Searching strings, and length

  1. How do you search for a string using the search function. I haven’t tried it recently, but I seem to recall that when I used quotaion marks, the search engine looked for the quotation marks in addition to the words.

  2. Why must there be a four-character minimum for search parameters? ISTR that the limit was placed to prevent people from maliciously bogging down the server. Since only registered (i.e., paying) members are allowed to use the search function, why can’t this limit be removed? For example, I wanted to look for ‘luck of the pot’. Can’t do it. There are other legitimate three-character words that people have wanted to find, but were not allowed to as well.

It may be that in our current situation, 3 characters is a more appropriate limit than 4, but to change it would require that the search index be completely rebuilt. I don’t know how much, exactly, this would entail, but I would not be surprised to hear a day of downtime for it. Is it worth it? I dunno.

That’s odd. I just tried it and got both your OP here and your post in Comments on Staff Reports. What message did you get originally? Maybe the search did go through, but there just weren’t any results when you tried. The less-than-perfect state of the index might be a factor.

Here’s an earlier thread that refers to searching with quoted strings: http://boards.straightdope.com/sdmb/showthread.php?t=265445

I typed in “luck of the pot” (with the double quotation marks) and the message was something like ‘The following words are too common, or are too short’ followed by “of”, “the”, “pot”.

Okay. I just tried “luck of the pot” in Advanced Search, Any Date, General Questions:

Searching all open forums brings up the two recent results.

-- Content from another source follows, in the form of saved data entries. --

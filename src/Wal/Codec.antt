-- ===== src/Wal/Codec.antt =====
-- The little-endian codecs of wal.cpp. A write through `uint8_t* p` is the list of the bytes
-- written, a read through it takes the bytes from `p` on.
pub mod RoundTrip
use iron_ledger.Common.{ℕ, zero, suc, ◌+◌, ◌*◌, ◌/◌, ◌%◌, ◌^◌, List, [], ◌∷◌, byte_at}
use iron_ledger.Bits.{◌<<◌, ◌>>◌, bit_or}

-- static_cast<uint8_t>(v)
abbrev pub u8 : ℕ → ℕ
u8 v = v % 256

unfoldable pub put_u32 : ℕ → List ℕ
put_u32 v = u8 v ∷ u8 (v >> 8) ∷ u8 (v >> 16) ∷ u8 (v >> 24) ∷ []

-- The loop of `PutU64` from `i` on, with the count of rounds left.
unfoldable pub put_loop : ℕ → ℕ → ℕ → List ℕ
put_loop v i zero = []
put_loop v i (suc left) = u8 (v >> (8 * i)) ∷ put_loop v (i + 1) left

unfoldable pub put_u64 : ℕ → List ℕ
put_u64 v = put_loop v 0 8

unfoldable pub get_u32 : List ℕ → ℕ
get_u32 p =
    bit_or (bit_or (bit_or (byte_at p 0) (byte_at p 1 << 8)) (byte_at p 2 << 16))
      (byte_at p 3 << 24)

-- The loop of `GetU64` at `i = left - 1`, which counts down; `v << 8` is cut off at 64 bits.
unfoldable pub get_loop : ℕ → ℕ → List ℕ → ℕ
get_loop zero v p = v
get_loop (suc i) v p = get_loop i (bit_or ((v << 8) % 2 ^ 64) (byte_at p i)) p

unfoldable pub get_u64 : List ℕ → ℕ
get_u64 p = get_loop 8 0 p
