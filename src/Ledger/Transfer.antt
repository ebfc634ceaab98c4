-- ===== src/Ledger/Transfer.antt =====
-- Transfers and their wire format: u64 idem_key | u32 n | n x (u64 account, i64 amount).
pub mod Codec
pub mod RoundTrip
pub mod Frames
use iron_ledger.Common.{
  ℕ, zero, suc, ◌+◌, ◌*◌, ◌%◌, ◌^◌, ◌<◌, Bool, not, ◌||◌, Option, none, some, List, [], ◌∷◌, ◌++◌,
  ltb, ◌==◌, if◌then◌else◌, length, drop, byte_at,
}
use iron_ledger.Common.Int.{ℤ, to_u64, to_i64, IsI64}
use iron_ledger.Bits.{◌<<◌, ◌>>◌, bit_or}
use iron_ledger.Wal.Codec.{u8, get_u32}

pub record Posting : Type 0 where
  pub account : ℕ
  pub amount : ℤ

pub record Transfer : Type 0 where
  pub idem_key : ℕ
  pub postings : List Posting

-- kMinPostings and kMaxPostings
abbrev pub min_postings : ℕ
min_postings = 2

abbrev pub max_postings : ℕ
max_postings = 8

-- PutU32, which pushes four bytes back.
unfoldable pub push_u32 : List ℕ → ℕ → List ℕ
push_u32 out v = out ++ u8 v ∷ u8 (v >> 8) ∷ u8 (v >> 16) ∷ u8 (v >> 24) ∷ []

-- The loop of `PutU64` from `i` on, with the count of rounds left.
unfoldable pub push_loop : List ℕ → ℕ → ℕ → ℕ → List ℕ
push_loop out v i zero = out
push_loop out v i (suc left) = push_loop (out ++ u8 (v >> (8 * i)) ∷ []) v (i + 1) left

unfoldable pub push_u64 : List ℕ → ℕ → List ℕ
push_u64 out v = push_loop out v 0 8

-- The loop of `GetU64`, which here counts up; GetU32 is that of wal.cpp.
unfoldable pub read_loop : ℕ → ℕ → ℕ → List ℕ → ℕ
read_loop i zero v p = v
read_loop i (suc left) v p = read_loop (i + 1) left (bit_or v (byte_at p i << (8 * i))) p

unfoldable pub read_u64 : List ℕ → ℕ
read_u64 p = read_loop 0 8 0 p

-- The loop of `EncodeTransfer`.
unfoldable pub encode_postings : List ℕ → List Posting → List ℕ
encode_postings out [] = out
encode_postings out (p ∷ ps) =
    encode_postings (push_u64 (push_u64 out p.account) (to_u64 p.amount)) ps

-- EncodeTransfer
unfoldable pub encode_transfer : List ℕ → Transfer → List ℕ
encode_transfer out t =
    encode_postings (push_u32 (push_u64 out t.idem_key) (length t.postings)) t.postings

-- The loop of `DecodeTransfer`, with the count of rounds left.
unfoldable pub decode_postings : ℕ → List ℕ → List Posting
decode_postings zero p = []
decode_postings (suc left) p =
    record { account = read_u64 p; amount = to_i64 (read_u64 (drop 8 p)) }
    ∷ decode_postings left (drop 16 p)

-- DecodeTransfer; `none` is the result false.
unfoldable pub decode_transfer : List ℕ → Option Transfer
decode_transfer bytes =
    let n = get_u32 (drop 8 bytes) in
    if ltb (length bytes) 12
    then none
    else if ltb n min_postings || ltb max_postings n
    then none
    else if not (length bytes == 12 + 16 * n)
    then none
    else some (record { idem_key = read_u64 bytes; postings = decode_postings n (drop 12 bytes) })

-- The values that the C++ types of the fields can hold.
abbrev pub AreTyped : List Posting → Type 0
AreTyped [] = Unit
AreTyped (p ∷ ps) = (p.account < 2 ^ 64) × IsI64 p.amount × AreTyped ps

abbrev pub IsTyped : Transfer → Type 0
IsTyped t = (t.idem_key < 2 ^ 64) × AreTyped t.postings
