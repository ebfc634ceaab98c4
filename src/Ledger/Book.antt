-- ===== src/Ledger/Book.antt =====
-- The state that the log determines (`balances_`, `seen_keys_`, `applied_keys_`), with `Validate`,
-- `Apply` and the queries. `balances_` is the ascending list of the std::map's entries; the
-- std::unordered_map `delta` is kept in the order of its first insertions.
pub mod Deltas
pub mod Apply
pub mod Total
pub mod Sound
pub mod Order
pub mod Complete
use iron_ledger.Common.{
  ℕ, ◌+◌, Bool, true, false, not, ◌||◌, Option, none, some, List, [], ◌∷◌, ◌++◌, ltb, ◌==◌,
  if◌then◌else◌, length,
}
use mathlib.Core.Option
use iron_ledger.Common.Int.{ℤ, pos, is_negative, add_i64, add_overflow}
use iron_ledger.Device.{contains}
use iron_ledger.Ledger.Modes.{
  SubmitStatus, ok, duplicate, bad_posting_count, unbalanced, insufficient_funds,
}
use iron_ledger.Ledger.Transfer.{Posting, Transfer, min_postings, max_postings}

-- kWorldAccount
abbrev pub world_account : ℕ
world_account = 0

abbrev pub Balances : Type 0
Balances = List (ℕ × ℤ)

pub record Book : Type 0 where
  pub balances : Balances
  pub seen_keys : List ℕ
  pub applied_keys : List ℕ

abbrev pub empty_book : Book
empty_book = record { balances = []; seen_keys = []; applied_keys = [] }

-- balances_.find(account), delta.find(account)
unfoldable pub find : ℕ → Balances → Option ℤ
find k [] = none
find k ((j, v) ∷ m) = if j == k then some v else find k m

-- Balance
unfoldable pub balance : ℕ → Balances → ℤ
balance k m = Option.get_or (find k m) (pos 0)

-- `balances_[account] += amount`: a missing account is put in at zero first.
unfoldable pub add_balance : ℕ → ℤ → Balances → Balances
add_balance k a [] = (k, add_i64 (pos 0) a) ∷ []
add_balance k a ((j, v) ∷ m) =
    if ltb k j
    then (k, add_i64 (pos 0) a) ∷ (j, v) ∷ m
    else if j == k
    then (j, add_i64 v a) ∷ m
    else (j, v) ∷ add_balance k a m

-- The loop of `Apply`.
unfoldable pub add_postings : List Posting → Balances → Balances
add_postings [] m = m
add_postings (p ∷ ps) m = add_postings ps (add_balance p.account p.amount m)

-- seen_keys_.insert(key)
unfoldable pub insert_key : ℕ → List ℕ → List ℕ
insert_key k ks = if contains k ks then ks else k ∷ ks

-- Apply
unfoldable pub apply : Transfer → Book → Book
apply t b = record {
  balances = add_postings t.postings b.balances;
  seen_keys = insert_key t.idem_key b.seen_keys;
  applied_keys = b.applied_keys ++ t.idem_key ∷ [];
}

-- HasKey
abbrev pub has_key : ℕ → Book → Bool
has_key k b = contains k b.seen_keys

-- The loop of `TotalBalance`, and the whole of it.
unfoldable pub total_from : ℤ → Balances → ℤ
total_from total [] = total
total_from total ((_, v) ∷ m) = total_from (add_i64 total v) m

unfoldable pub total_balance : Balances → ℤ
total_balance m = total_from (pos 0) m

-- The first loop of `Validate`; `none` is an overflow.
unfoldable pub sum_amounts : ℤ → List Posting → Option ℤ
sum_amounts sum [] = some sum
sum_amounts sum (p ∷ ps) = elim (add_overflow sum p.amount) [
  | none ↦ none
  | some s ↦ sum_amounts s ps
]

-- `int64_t& d = delta[account]; __builtin_add_overflow(d, amount, &d)`
unfoldable pub add_delta : ℕ → ℤ → Balances → Option Balances
add_delta k a [] = Option.map (λ s. (k, s) ∷ []) (add_overflow (pos 0) a)
add_delta k a ((j, v) ∷ m) =
    if j == k
    then Option.map (λ s. (j, s) ∷ m) (add_overflow v a)
    else Option.map (λ m'. (j, v) ∷ m') (add_delta k a m)

-- The second loop of `Validate`.
unfoldable pub deltas : List Posting → Balances → Option Balances
deltas [] m = some m
deltas (p ∷ ps) m = elim (add_delta p.account p.amount m) [ none ↦ none | some m' ↦ deltas ps m' ]

-- The third loop of `Validate`.
unfoldable pub check_deltas : Balances → Balances → SubmitStatus
check_deltas balances [] = ok
check_deltas balances ((account, d) ∷ rest) =
    if account == world_account
    then check_deltas balances rest
    else elim (add_overflow (balance account balances) d) [
      | none ↦ unbalanced
      | some after ↦ if is_negative after then insufficient_funds else check_deltas balances rest
    ]

abbrev pub is_zero : ℤ → Bool
is_zero (pos n) = n == 0
is_zero _ = false

-- The tests of `Validate` after the first loop.
unfoldable pub validate_sum : Option ℤ → Transfer → Book → SubmitStatus
validate_sum none t b = unbalanced
validate_sum (some sum) t b =
    if not (is_zero sum)
    then unbalanced
    else if contains t.idem_key b.seen_keys
    then duplicate
    else elim (deltas t.postings []) [ none ↦ unbalanced | some m ↦ check_deltas b.balances m ]

-- Validate
unfoldable pub validate : Transfer → Book → SubmitStatus
validate t b =
    if ltb (length t.postings) min_postings || ltb max_postings (length t.postings)
    then bad_posting_count
    else validate_sum (sum_amounts (pos 0) t.postings) t b
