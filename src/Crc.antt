-- ===== src/Crc.antt =====
-- crc32c.cpp: the table and the byte-at-a-time loop. A uint32_t is a number below 2 ^ 32, and
-- `~x` on it is 2 ^ 32 - 1 - x.
pub mod Bounds
pub mod Compose
pub mod Detect
mod Tests
use iron_ledger.Common.{
  ℕ, zero, suc, ◌+◌, ◌-◌, ◌^◌, List, [], ◌∷◌, ◌==◌, if◌then◌else◌, get_or, ◌≡◌, refl,
}
use iron_ledger.Bits.{◌>>◌, bit_and, bit_xor}

-- kPoly
abbrev pub poly : ℕ
poly = 0x82F6_3B78

-- The inner loop of `BuildTable`, with `k` rounds left.
pub reduce : ℕ → ℕ → ℕ
reduce zero c = c
reduce (suc k) c = reduce k (if bit_and c 1 == 1 then bit_xor poly (c >> 1) else c >> 1)

-- The outer loop of `BuildTable`: the entries from `i` on, with `left` of them to make.
pub build_from : ℕ → ℕ → List ℕ
build_from i zero = []
build_from i (suc left) = reduce 8 i ∷ build_from (i + 1) left

-- kTable
unfoldable pub table : List ℕ
unfolding build_from reduce
table = build_from 0 256

-- kTable[i]; the index is masked to a byte at every use.
unfoldable pub entry : ℕ → ℕ
entry i = get_or table i 0

-- One round of the loop in `Crc32c`.
unfoldable pub crc_step : ℕ → ℕ → ℕ
crc_step c b = bit_xor (entry (bit_and (bit_xor c b) 255)) (c >> 8)

unfoldable pub crc_loop : ℕ → List ℕ → ℕ
crc_loop c [] = c
crc_loop c (b ∷ bs) = crc_loop (crc_step c b) bs

-- ~x on uint32_t
abbrev pub complement : ℕ → ℕ
complement x = 2 ^ 32 - 1 - x

-- Crc32c(buf, n, prev)
unfoldable pub crc32c : List ℕ → ℕ → ℕ
crc32c buf prev = complement (crc_loop (complement prev) buf)

-- "123456789", the check value of CRC-32C.
check_value :
    crc32c (0x31 ∷ 0x32 ∷ 0x33 ∷ 0x34 ∷ 0x35 ∷ 0x36 ∷ 0x37 ∷ 0x38 ∷ 0x39 ∷ []) 0 ≡ 0xE306_9283
unfolding crc32c crc_loop crc_step entry table
check_value = refl
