-- ===== src/Wal/Codec/RoundTrip.antt =====
-- Each reader gives back what its writer wrote, whatever follows.
use iron_ledger.Common.{
  ℕ, zero, suc, ◌+◌, ◌*◌, ◌%◌, ◌^◌, ◌<◌, ◌≤◌, ◌≡◌, refl, ◌∙◌, ap, List, [], ◌∷◌, ◌++◌, length, take,
  byte_at, AllLt, AllLt-append, AllLt-byte_at, arith,
}
use iron_ledger.Bits.{◌<<◌, bit_or, bit_or_high, bit_or_low}
use iron_ledger.Wal.Codec.{put_u32, put_loop, put_u64, get_u32, get_loop, get_u64}

-- Four bytes as a number.
pub get_u32_sum :
    (p : List ℕ)
    → AllLt 256 p
    → get_u32 p ≡ byte_at p 0 + byte_at p 1 * 2 ^ 8 + byte_at p 2 * 2 ^ 16 + byte_at p 3 * 2 ^ 24
unfolding get_u32
get_u32_sum p bytes =
    let h : (i : ℕ) → byte_at p i < 256 = λ i. AllLt-byte_at p i bytes in
    let a : ℕ = byte_at p 0 in
    let two : bit_or a (byte_at p 1 << 8) ≡ (byte_at p 1 << 8) + a =
      bit_or_low 8 (byte_at p 1) a (h 0) in
    let three : bit_or (bit_or a (byte_at p 1 << 8)) (byte_at p 2 << 16)
        ≡ (byte_at p 2 << 16) + bit_or a (byte_at p 1 << 8) =
      bit_or_low 16 (byte_at p 2) (bit_or a (byte_at p 1 << 8)) (omega (arith, h 0, h 1)) in
    omega (
      arith,
      bit_or_low 24 (byte_at p 3) (bit_or (bit_or a (byte_at p 1 << 8)) (byte_at p 2 << 16))
          (omega (arith, h 0, h 1, h 2)),
    )

-- Eight bytes as a number, the last of them the highest.
abbrev pub horner : ℕ → ℕ → List ℕ → ℕ
horner zero v p = v
horner (suc i) v p = horner i (v * 256 + byte_at p i) p

get_round : (v b : ℕ) → v < 2 ^ 56 → b < 256 → bit_or ((v << 8) % 2 ^ 64) b ≡ v * 256 + b
get_round v b h k = let e : (v << 8) % 2 ^ 64 ≡ v << 8 = omega arith in rw e (bit_or_high 8 v b k)

loop_round :
    (i v : ℕ) (p : List ℕ)
    → v < 2 ^ 56
    → byte_at p i < 256
    → get_loop (suc i) v p ≡ get_loop i (v * 256 + byte_at p i) p
unfolding get_loop
loop_round i v p h k = ap (λ (x : ℕ). get_loop i x p) (get_round v (byte_at p i) h k)

pub get_u64-horner : (p : List ℕ) → AllLt 256 p → get_u64 p ≡ horner 8 0 p
unfolding get_u64
get_u64-horner p bytes =
    let h : (i : ℕ) → byte_at p i < 256 = λ i. AllLt-byte_at p i bytes in
    let v1 : ℕ = 0 * 256 + byte_at p 7 in
    let v2 : ℕ = v1 * 256 + byte_at p 6 in
    let v3 : ℕ = v2 * 256 + byte_at p 5 in
    let v4 : ℕ = v3 * 256 + byte_at p 4 in
    let v5 : ℕ = v4 * 256 + byte_at p 3 in
    let v6 : ℕ = v5 * 256 + byte_at p 2 in
    let v7 : ℕ = v6 * 256 + byte_at p 1 in
    let v8 : ℕ = v7 * 256 + byte_at p 0 in
    loop_round 7 0 p (omega (arith)) (h 7)
    ∙ loop_round 6 v1 p (omega (arith, h 7)) (h 6)
    ∙ loop_round 5 v2 p (omega (arith, h 7, h 6)) (h 5)
    ∙ loop_round 4 v3 p (omega (arith, h 7, h 6, h 5)) (h 4)
    ∙ loop_round 3 v4 p (omega (arith, h 7, h 6, h 5, h 4)) (h 3)
    ∙ loop_round 2 v5 p (omega (arith, h 7, h 6, h 5, h 4, h 3)) (h 2)
    ∙ loop_round 1 v6 p (omega (arith, h 7, h 6, h 5, h 4, h 3, h 2)) (h 1)
    ∙ loop_round 0 v7 p (omega (arith, h 7, h 6, h 5, h 4, h 3, h 2, h 1)) (h 0)
    ∙ (unfold get_loop in refl)

pub put_u32_bytes : (v : ℕ) → AllLt 256 (put_u32 v)
unfolding put_u32
put_u32_bytes v = omega arith

pub put_u64_bytes : (v : ℕ) → AllLt 256 (put_u64 v)
unfolding put_u64 put_loop
put_u64_bytes v = omega arith

pub get_u32-put_u32 :
    (v : ℕ) (rest : List ℕ) → v < 2 ^ 32 → AllLt 256 rest → get_u32 (put_u32 v ++ rest) ≡ v
unfolding put_u32
get_u32-put_u32 v rest h k =
    get_u32_sum (put_u32 v ++ rest) (AllLt-append 256 (put_u32 v) rest (put_u32_bytes v) k)
    ∙ omega arith

-- GetU64 reads back every number below 2 ^ 64 that PutU64 wrote, whatever bytes follow.
pub get_u64-put_u64 :
    (v : ℕ) (rest : List ℕ) → v < 2 ^ 64 → AllLt 256 rest → get_u64 (put_u64 v ++ rest) ≡ v
unfolding put_u64 put_loop
get_u64-put_u64 v rest h k =
    get_u64-horner (put_u64 v ++ rest) (AllLt-append 256 (put_u64 v) rest (put_u64_bytes v) k)
    ∙ omega arith

pub length-put_u32 : (v : ℕ) → length (put_u32 v) ≡ 4
unfolding put_u32
length-put_u32 v = refl

pub length-put_u64 : (v : ℕ) → length (put_u64 v) ≡ 8
unfolding put_u64 put_loop
length-put_u64 v = refl

-- The other way round: the writer gives back the bytes that were read.
pub put_u32-get_u32 :
    (a b c d : ℕ) (rest : List ℕ)
    → AllLt 256 (a ∷ b ∷ c ∷ d ∷ rest)
    → put_u32 (get_u32 (a ∷ b ∷ c ∷ d ∷ rest)) ≡ a ∷ b ∷ c ∷ d ∷ []
unfolding put_u32
put_u32-get_u32 a b c d rest h = rw (get_u32_sum (a ∷ b ∷ c ∷ d ∷ rest) h) (ground arith)

pub get_u64-lt : (p : List ℕ) → AllLt 256 p → get_u64 p < 2 ^ 64
get_u64-lt p h = omega (
  arith,
  get_u64-horner p h,
  AllLt-byte_at p 0 h,
  AllLt-byte_at p 1 h,
  AllLt-byte_at p 2 h,
  AllLt-byte_at p 3 h,
  AllLt-byte_at p 4 h,
  AllLt-byte_at p 5 h,
  AllLt-byte_at p 6 h,
  AllLt-byte_at p 7 h,
)

pub get_u32-lt : (p : List ℕ) → AllLt 256 p → get_u32 p < 2 ^ 32
get_u32-lt p h = omega (
  arith,
  get_u32_sum p h,
  AllLt-byte_at p 0 h,
  AllLt-byte_at p 1 h,
  AllLt-byte_at p 2 h,
  AllLt-byte_at p 3 h,
)

pub put_u64-get_u64 :
    (a b c d e f g i : ℕ) (rest : List ℕ)
    → AllLt 256 (a ∷ b ∷ c ∷ d ∷ e ∷ f ∷ g ∷ i ∷ rest)
    → put_u64 (get_u64 (a ∷ b ∷ c ∷ d ∷ e ∷ f ∷ g ∷ i ∷ rest)) ≡ a ∷ b ∷ c ∷ d ∷ e ∷ f ∷ g ∷ i ∷ []
unfolding put_u64 put_loop
put_u64-get_u64 a b c d e f g i rest h =
    rw (get_u64-horner (a ∷ b ∷ c ∷ d ∷ e ∷ f ∷ g ∷ i ∷ rest) h) (ground arith)

-- Of eight or more bytes, PutU64 writes the first eight again from the number that GetU64 reads
-- in them.
pub put_u64-get_u64-take :
    (p : List ℕ) → AllLt 256 p → 8 ≤ length p → put_u64 (get_u64 p) ≡ take 8 p
put_u64-get_u64-take ([]) h n = absurd (omega arith)
put_u64-get_u64-take (a ∷ []) h n = absurd (omega arith)
put_u64-get_u64-take (a ∷ b ∷ []) h n = absurd (omega arith)
put_u64-get_u64-take (a ∷ b ∷ c ∷ []) h n = absurd (omega arith)
put_u64-get_u64-take (a ∷ b ∷ c ∷ d ∷ []) h n = absurd (omega arith)
put_u64-get_u64-take (a ∷ b ∷ c ∷ d ∷ e ∷ []) h n = absurd (omega arith)
put_u64-get_u64-take (a ∷ b ∷ c ∷ d ∷ e ∷ f ∷ []) h n = absurd (omega arith)
put_u64-get_u64-take (a ∷ b ∷ c ∷ d ∷ e ∷ f ∷ g ∷ []) h n = absurd (omega arith)
put_u64-get_u64-take (a ∷ b ∷ c ∷ d ∷ e ∷ f ∷ g ∷ i ∷ rest) h n =
    put_u64-get_u64 a b c d e f g i rest h

pub put_u32-get_u32-take :
    (p : List ℕ) → AllLt 256 p → 4 ≤ length p → put_u32 (get_u32 p) ≡ take 4 p
put_u32-get_u32-take ([]) h n = absurd (omega arith)
put_u32-get_u32-take (a ∷ []) h n = absurd (omega arith)
put_u32-get_u32-take (a ∷ b ∷ []) h n = absurd (omega arith)
put_u32-get_u32-take (a ∷ b ∷ c ∷ []) h n = absurd (omega arith)
put_u32-get_u32-take (a ∷ b ∷ c ∷ d ∷ rest) h n = put_u32-get_u32 a b c d rest h
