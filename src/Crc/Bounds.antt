-- ===== src/Crc/Bounds.antt =====
-- Every value of the checksum fits a uint32_t.
use iron_ledger.Common.{
  ℕ, zero, suc, ◌/◌, ◌^◌, ◌<◌, ◌≡◌, refl, Bool, true, List, [], ◌∷◌, arith, ltb, ◌&&◌, get_or,
}
use iron_ledger.Bits.{bit_and, bit_xor}
use iron_ledger.Bits.Xor.{bit_xor-lt}
use iron_ledger.Crc.{table, entry, crc_step, crc_loop, crc32c}

all_lt : ℕ → List ℕ → Bool
all_lt n [] = true
all_lt n (x ∷ xs) = ltb x n && all_lt n xs

all_lt-get_or : (n i : ℕ) (xs : List ℕ) → 0 < n → all_lt n xs ≡ true → get_or xs i 0 < n
unfolding all_lt
all_lt-get_or n i [] p h = p
all_lt-get_or n zero (x ∷ xs) p h = ground arith
all_lt-get_or n (suc i) (x ∷ xs) p h = ground (arith, all_lt-get_or n i xs p)

entries_fit : all_lt (2 ^ 32) table ≡ true
unfolding all_lt table
entries_fit = refl

pub entry-lt : (i : ℕ) → entry i < 2 ^ 32
entry-lt i = unfold entry in all_lt-get_or (2 ^ 32) i table (omega arith) entries_fit

pub crc_step-lt : (c b : ℕ) → c < 2 ^ 32 → crc_step c b < 2 ^ 32
unfolding crc_step
crc_step-lt c b h =
    bit_xor-lt 32 (entry (bit_and (bit_xor c b) 255)) (c / 2 ^ 8)
      (entry-lt (bit_and (bit_xor c b) 255)) (omega arith)

pub crc_loop-lt : (c : ℕ) (bs : List ℕ) → c < 2 ^ 32 → crc_loop c bs < 2 ^ 32
unfolding crc_loop
crc_loop-lt c [] h = h
crc_loop-lt c (b ∷ bs) h = crc_loop-lt (crc_step c b) bs (crc_step-lt c b h)

pub crc32c-lt : (buf : List ℕ) (prev : ℕ) → crc32c buf prev < 2 ^ 32
unfolding crc32c
crc32c-lt buf prev = omega arith
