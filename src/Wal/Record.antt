-- ===== src/Wal/Record.antt =====
-- The record format of wal.h, `FillHeader` and `EncodeRecord`.
use iron_ledger.Common.{
  ℕ, ◌^◌, ◌<◌, ◌≡◌, refl, List, [], ◌++◌, length, take, drop, AllLt, arith, AllLt-append,
}
use iron_ledger.Crc.{crc32c}
use iron_ledger.Wal.Codec.{put_u32, put_loop, put_u64, get_u32, get_u64}
use iron_ledger.Wal.Codec.RoundTrip.{put_u32_bytes, put_u64_bytes, get_u32-put_u32, get_u64-put_u64}
use iron_ledger.Crc.Bounds.{crc32c-lt}

-- kRecordMagic
abbrev pub record_magic : ℕ
record_magic = 0x474F_4C49

-- kHeaderSize
abbrev pub header_size : ℕ
header_size = 24

-- kMaxPayloadSize
abbrev pub max_payload_size : ℕ
max_payload_size = 2 ^ 20

-- Bytes 8 to 24 of the header, which the checksum covers.
unfoldable pub header_tail : ℕ → ℕ → ℕ → List ℕ
header_tail lsn type len = put_u64 lsn ++ (put_u32 type ++ put_u32 len)

-- The checksum that `FillHeader` stores and returns.
unfoldable pub header_crc : ℕ → ℕ → List ℕ → ℕ
header_crc lsn type payload = crc32c payload (crc32c (header_tail lsn type (length payload)) 0)

-- The 24 bytes that `FillHeader` leaves at `h`.
unfoldable pub fill_header : ℕ → ℕ → List ℕ → List ℕ
fill_header lsn type payload =
    put_u32 record_magic
    ++ (put_u32 (header_crc lsn type payload) ++ header_tail lsn type (length payload))

-- EncodeRecord: `out` with the record at its end.
unfoldable pub encode_record : List ℕ → ℕ → ℕ → List ℕ → List ℕ
encode_record out lsn type payload = out ++ (fill_header lsn type payload ++ payload)

module _ (lsn type : ℕ) where
  pub length-header_tail : (len : ℕ) → length (header_tail lsn type len) ≡ 16
  unfolding header_tail put_u64 put_loop put_u32
  length-header_tail len = refl

  pub length-fill_header : (payload : List ℕ) → length (fill_header lsn type payload) ≡ header_size
  unfolding fill_header header_tail put_u64 put_loop put_u32
  length-fill_header payload = refl

  pub header_tail_bytes : (len : ℕ) → AllLt 256 (header_tail lsn type len)
  unfolding header_tail
  header_tail_bytes len =
      AllLt-append 256 (put_u64 lsn) (put_u32 type ++ put_u32 len) (put_u64_bytes lsn)
        (AllLt-append 256 (put_u32 type) (put_u32 len) (put_u32_bytes type) (put_u32_bytes len))

  header_crc-lt : (payload : List ℕ) → header_crc lsn type payload < 2 ^ 32
  unfolding header_crc
  header_crc-lt payload = crc32c-lt payload (crc32c (header_tail lsn type (length payload)) 0)

  -- The fields that a reader of the header finds in it.
  pub header_fields :
      (payload : List ℕ)
      → lsn < 2 ^ 64
      → type < 2 ^ 32
      → length payload < 2 ^ 32
      → (get_u32 (fill_header lsn type payload) ≡ record_magic)
        × (get_u32 (drop 4 (fill_header lsn type payload)) ≡ header_crc lsn type payload)
        × (get_u64 (drop 8 (fill_header lsn type payload)) ≡ lsn)
        × (get_u32 (drop 16 (fill_header lsn type payload)) ≡ type)
        × (get_u32 (drop 20 (fill_header lsn type payload)) ≡ length payload)
        × (take 16 (drop 8 (fill_header lsn type payload)) ≡ header_tail lsn type (length payload))
  unfolding fill_header header_tail put_u64 put_loop put_u32
  header_fields payload hl ht hn = (
    get_u32-put_u32 record_magic
        (put_u32 (header_crc lsn type payload) ++ header_tail lsn type (length payload))
        (omega arith) (omega arith),
    get_u32-put_u32 (header_crc lsn type payload) (header_tail lsn type (length payload))
        (header_crc-lt payload) (header_tail_bytes (length payload)),
    get_u64-put_u64 lsn (put_u32 type ++ put_u32 (length payload)) hl (omega arith),
    get_u32-put_u32 type (put_u32 (length payload)) ht (put_u32_bytes (length payload)),
    get_u32-put_u32 (length payload) [] hn tt,
    refl,
  )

I know I used the phrase in GQ though.

Is this the thread you are looking for?

What is the history of potluck?

I did a search on just “of the pot” (no luck) including the quotes in the search field. I restricted it to posts by Johnny L.A. in GQ with no timeframe restriction.

For some reason, it highlights of, the, and pot only where the word is not next to a quotation mark. That gives me the impression that it does a whole word search only, and the quote marks in your post mean that “luck and pot” in your post are considered different words than luck and pot in your search parameters just because they abut quote marks.

I assume the search works by SQL querying all posts. If that’s the case, then shorter words make for much less efficient querying. Plus, very common words will result in way too many matches: “of” or “the” would probably hit about 90% of all the posts ever made.

The vBulletin out-of-the-box search simply wasn’t built for boards with hundreds of thousands of posts. Y’all should create a true inverted index of posts. I bet it would take less than an hour to build the initial index, and new posts could be added to the index incrementally. Searching would then be much faster for the user, much more efficient on the server, and the results would probably be better as well.

I don’t know all the technical details, but we are already using a search index of some sort, to which posts are continually added. It’s still slow. And words like “the” would obviously not be useful for searches, but that’s what the badwords file is for. The number of common, search-clogging three-letter words like “the” is far less than the number of specific, search-useful words like “OSX” or “Gnu”.